What needs to be done
In the records below, one line contains "find_ready_nodes_lem parent g". Print that line and every line after it exactly, down to the final one.

···

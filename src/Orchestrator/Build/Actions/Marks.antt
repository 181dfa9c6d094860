-- ===== src/Orchestrator/Build/Actions/Marks.antt =====
-- The locations that `build_actions` of tierkreis/src/orchestrator.rs marks as scheduled, and those of
-- nodes that wait at a breakpoint.
use tierkreis.Base.{
  ℕ, ◌≤◌, ◌≡◌, inl, inr, true, false, List, [], ◌∷◌, arith, length, length-append, contains, add,
  ap, nat_beq_iff, nat_eq, list_beq_iff, contains-add, ◌==◌, Bool-cases,
}
use tierkreis.Location.{node, Location, with_node, component_eq, location_eq}
use tierkreis.State.{Nodes}
use tierkreis.Graph.{PortGraph, WorkflowGraph}
use tierkreis.Orchestrator.Build.Actions.{schedule, waits}

pub schedule_keeps :
    (parent : Location) (ready : List ℕ) (scheduled : List Location) (loc : Location)
    → contains scheduled loc ≡ true
    → contains (schedule parent ready scheduled) loc ≡ true
unfolding schedule
schedule_keeps parent [] scheduled loc h = h
schedule_keeps parent (n ∷ ready) scheduled loc h =
    schedule_keeps parent ready (add (with_node parent n) scheduled) loc
      (ground (arith, h, contains-add (with_node parent n) loc scheduled))

pub schedule_marks :
    (parent : Location) (ready : List ℕ) (scheduled : List Location) (n : ℕ)
    → contains ready n ≡ true
    → contains (schedule parent ready scheduled) (with_node parent n) ≡ true
unfolding schedule
schedule_marks parent [] scheduled n h = ground (arith, h)
schedule_marks parent (m ∷ ready) scheduled n h = elim (Bool-cases (m == n)) [
  | inl e ↦ rw ((nat_beq_iff m n).0 e) (
      schedule_keeps parent ready (add (with_node parent n) scheduled) (with_node parent n) (
        ground (
          arith,
          contains-add (with_node parent n) (with_node parent n) scheduled,
          list_beq_iff component_eq (with_node parent n) (with_node parent n),
        )))
  | inr e ↦
      schedule_marks parent ready (add (with_node parent m) scheduled) n (ground (arith, h, e))
]

pub longer_location :
    (loc parent : Location) (n : ℕ) → length loc ≤ length parent → with_node parent n == loc ≡ false
longer_location loc parent n h = elim (Bool-cases (with_node parent n == loc)) [
  | inl e ↦
      let same = (list_beq_iff component_eq (with_node parent n) loc).0 e in
      absurd (omega (arith, h, ap length same, length-append parent (node n ∷ [])))
  | inr e ↦ e
]

with_node-injective :
    (parent : Location) (n m : ℕ) → with_node parent n ≡ with_node parent m → n ≡ m
with_node-injective [] n m h = cc
with_node-injective (c ∷ parent) n m h = with_node-injective parent n m (cc h)

-- the location of a node that does not wait is not that of one that does
pub other_location :
    {P : PortGraph} {J : Type 0} (g : WorkflowGraph P J) (nodes : Nodes) (parent : Location) (n : ℕ)
    → waits g nodes parent n ≡ false
    → (m : ℕ) → waits g nodes parent m ≡ true
    → with_node parent m == with_node parent n ≡ false
other_location g nodes parent n w m v =
    elim (Bool-cases (with_node parent m == with_node parent n)) [
      | inl e ↦
          let same =
            with_node-injective parent m n
              ((list_beq_iff component_eq (with_node parent m) (with_node parent n)).0 e) in
          absurd (ground (arith, w, v, same))
      | inr e ↦ e
    ]
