-- ===== src/Orchestrator/Ready/Sound.antt =====
-- Which nodes `find_ready_nodes` of tierkreis/src/orchestrator.rs returns.
use tierkreis.Base.{
  ℕ, ◌≡◌, ◌↔◌, sym, ap, Bool-cases, inl, inr, Bool, true, false, not, ◌&&◌, Option, none, some,
  List, [], ◌∷◌, contains, nat_eq, nat_beq_iff, Outcome, ok, err, panic, ◌>>=◌, >>=-eq-ok, expect,
  if◌then◌else◌, arith, ok-injective,
}
use tierkreis.Location.{Location, location_eq, component_eq, with_node}
use tierkreis.State.{Nodes}
use tierkreis.Graph.{
  PortGraph, NodeDefinition, WorkflowGraph, node_definition, all_inputs,
  connected_input_by_port_name,
}
use tierkreis.Orchestrator.Ready.{
  always_run, is_if_else, outputs_missing, not_paused, has_outputs, cond_of, awaited_port,
  port_has_input, if_else_ready, node_filter, port_filter, can_run, keep, find_ready_nodes, unwrap,
}

keep_iff_step :
    (test : ℕ → Outcome Bool) (nodes : List ℕ) (n m : ℕ) (b : Bool) (others : List ℕ)
    → test m ≡ ok b
    → (contains others n ≡ true) ↔ ((contains nodes n ≡ true) × (test n ≡ ok true))
    → (contains (if b then m ∷ others else others) n ≡ true)
      ↔ ((contains (m ∷ nodes) n ≡ true) × (test n ≡ ok true))
keep_iff_step test nodes n m true others e rest =
    let same : m ≡ n → test m ≡ test n = ap test in ground (arith, nat_beq_iff m n, same)
keep_iff_step test nodes n m false others e rest =
    let same : m ≡ n → test m ≡ test n = ap test in ground (arith, nat_beq_iff m n, same)

-- what an available port says
unwrap-eq-ok :
    {A : Type 0} (m : Outcome A) (f : A → Bool)
    → unwrap (m >>= λ a. ok (f a)) ≡ ok true
    → elim m [ ok a ↦ f a | _ ↦ false ] ≡ true
unwrap-eq-ok (ok a) f h = ok-injective h
unwrap-eq-ok (err e) f h = cc
unwrap-eq-ok panic f h = cc

outputs_missing_lem :
    (node_states : Nodes) (loc : Location)
    → outputs_missing node_states loc ≡ not (has_outputs node_states loc)
unfolding outputs_missing has_outputs
outputs_missing_lem node_states loc = ground arith

expect-eq-ok : {A : Type 0} (o : Option A) {a : A} → expect o ≡ ok a → o ≡ some a
expect-eq-ok none h = cc
expect-eq-ok (some a) h = cc

-- the nodes that pass are those of the list that pass the test
keep_iff :
    (test : ℕ → Outcome Bool) (nodes : List ℕ) {kept : List ℕ} (n : ℕ)
    → keep test nodes ≡ ok kept
    → (contains kept n ≡ true) ↔ ((contains nodes n ≡ true) × (test n ≡ ok true))
unfolding keep
keep_iff test [] n h = ground arith
keep_iff test (m ∷ nodes) n h =
    let (b, e1, e2) =
      >>=-eq-ok (test m)
        (λ kept. keep test nodes >>= λ others. ok (if kept then m ∷ others else others)) h in
    let (others, e3, e4) =
      >>=-eq-ok (keep test nodes) (λ others. ok (if b then m ∷ others else others)) e2 in
    let (sound, complete) = keep_iff test nodes n e3 in
    rw (sym (ok-injective e4)) (keep_iff_step test nodes n m b others e1 (keep_iff test nodes n e3))

module _ (P : PortGraph) {J : Type 0} where
  open P use {toposort_filtered}

  -- What a node that starts has: a definition, no outputs yet, no pause in effect, no earlier
  -- scheduling by this process if it is a task, and the outputs of the nodes that it waits for.
  pub record CanStart (g : WorkflowGraph P J) (node_states : Nodes) (parent : Location)
      (scheduled : List Location) (n : ℕ) : Type 0 where
    pub definition : NodeDefinition J
    pub defined : node_definition P g n ≡ some definition
    pub no_outputs : has_outputs node_states (with_node parent n) ≡ false
    pub running : not_paused node_states (with_node parent n) ≡ true
    pub unscheduled : (always_run definition && contains scheduled (with_node parent n)) ≡ false
    pub inputs :
        (if is_if_else definition
          then elim (connected_input_by_port_name P g n
              (awaited_port (cond_of node_states (with_node parent n)))) [
                | ok connected ↦ has_outputs node_states (with_node parent connected.0)
                | _ ↦ false
              ]
          else all_inputs P g n (λ incoming. has_outputs node_states (with_node parent incoming)))
        ≡ true

  inputs_of :
      (g : WorkflowGraph P J) (node_states : Nodes) (parent : Location) (n : ℕ)
      (d : NodeDefinition J)
      → (if is_if_else d
          then if_else_ready P g node_states parent n
          else ok
              (all_inputs P g n (λ incoming. has_outputs node_states (with_node parent incoming))))
        ≡ ok true
      → (if is_if_else d
          then elim (connected_input_by_port_name P g n
              (awaited_port (cond_of node_states (with_node parent n)))) [
                | ok connected ↦ has_outputs node_states (with_node parent connected.0)
                | _ ↦ false
              ]
          else all_inputs P g n (λ incoming. has_outputs node_states (with_node parent incoming)))
        ≡ true
  unfolding if_else_ready port_has_input
  inputs_of g node_states parent n d h = elim (Bool-cases (is_if_else d)) [
    | inl y ↦
        let h' = rw y at h in
        rw y (
          unwrap-eq-ok
            (connected_input_by_port_name P g n
              (awaited_port (cond_of node_states (with_node parent n))))
            (λ connected. has_outputs node_states (with_node parent connected.0)) h')
    | inr z ↦ rw z (ok-injective (rw z at h))
  ]

  can_start :
      (g : WorkflowGraph P J) (node_states : Nodes) (parent : Location) (scheduled : List Location)
      (n : ℕ)
      → node_filter P g node_states parent scheduled n ≡ ok true
      → can_run P g node_states parent n ≡ ok true
      → CanStart g node_states parent scheduled n
  unfolding node_filter can_run if_else_ready port_has_input
  can_start g node_states parent scheduled n f r =
      let (d, e1, e2) =
        >>=-eq-ok (expect (node_definition P g n))
          (λ definition. ok (
            outputs_missing node_states (with_node parent n)
            && (not_paused node_states (with_node parent n)
                && not (always_run definition && contains scheduled (with_node parent n)))))
          f in
      let defined : node_definition P g n ≡ some d = expect-eq-ok (node_definition P g n) e1 in
      record {
        definition = d;
        defined = defined;
        no_outputs =
            ground (arith, outputs_missing_lem node_states (with_node parent n), ok-injective e2);
        running = ground (arith, ok-injective e2);
        unscheduled = ground (arith, ok-injective e2);
        inputs = inputs_of g node_states parent n d (rw (defined, can_run) at r);
      }

  module _
      (yields : (graph : P.Graph) (from : ℕ) (f : ℕ → Outcome Bool) (p : ℕ → ℕ → Outcome Bool)
          (nodes : List ℕ) (n : ℕ)
        → toposort_filtered graph from f p ≡ ok nodes
        → contains nodes n ≡ true
        → f n ≡ ok true) where
    -- Where the traversal yields only nodes that its node filter accepts, each node that is found
    -- ready has a definition and no outputs, and no pause is in effect for it; unless it is a nested
    -- graph or a conditional it was not scheduled by this process before; and what it waits for has
    -- outputs: the nodes at all its inputs, or for `IfElse` the one at the port of its branch, or at
    -- `pred` while the branch is not known.
    pub find_ready_nodes_lem :
        (parent : Location) (g : WorkflowGraph P J) (node_states : Nodes)
        (scheduled : List Location) {ready : List ℕ} (n : ℕ)
        → find_ready_nodes P parent g node_states scheduled ≡ ok ready
        → contains ready n ≡ true
        → CanStart g node_states parent scheduled n
    unfolding find_ready_nodes
    find_ready_nodes_lem parent g node_states scheduled n h c =
        let (nodes, e1, e2) =
          >>=-eq-ok
            (toposort_filtered g.graph g.output_node (node_filter P g node_states parent scheduled)
              (port_filter P g node_states parent))
            (keep (can_run P g node_states parent)) h in
        let (inside, passes) = (keep_iff (can_run P g node_states parent) nodes n e2).0 c in
        can_start g node_states parent scheduled n
          (yields g.graph g.output_node (node_filter P g node_states parent scheduled)
            (port_filter P g node_states parent) nodes n e1 inside)
          passes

···

Reply
    find_ready_nodes_lem parent g node_states scheduled n h c =
        let (nodes, e1, e2) =
          >>=-eq-ok
            (toposort_filtered g.graph g.output_node (node_filter P g node_states parent scheduled)
              (port_filter P g node_states parent))
            (keep (can_run P g node_states parent)) h in
        let (inside, passes) = (keep_iff (can_run P g node_states parent) nodes n e2).0 c in
        can_start g node_states parent scheduled n
          (yields g.graph g.output_node (node_filter P g node_states parent scheduled)
            (port_filter P g node_states parent) nodes n e1 inside)
          passes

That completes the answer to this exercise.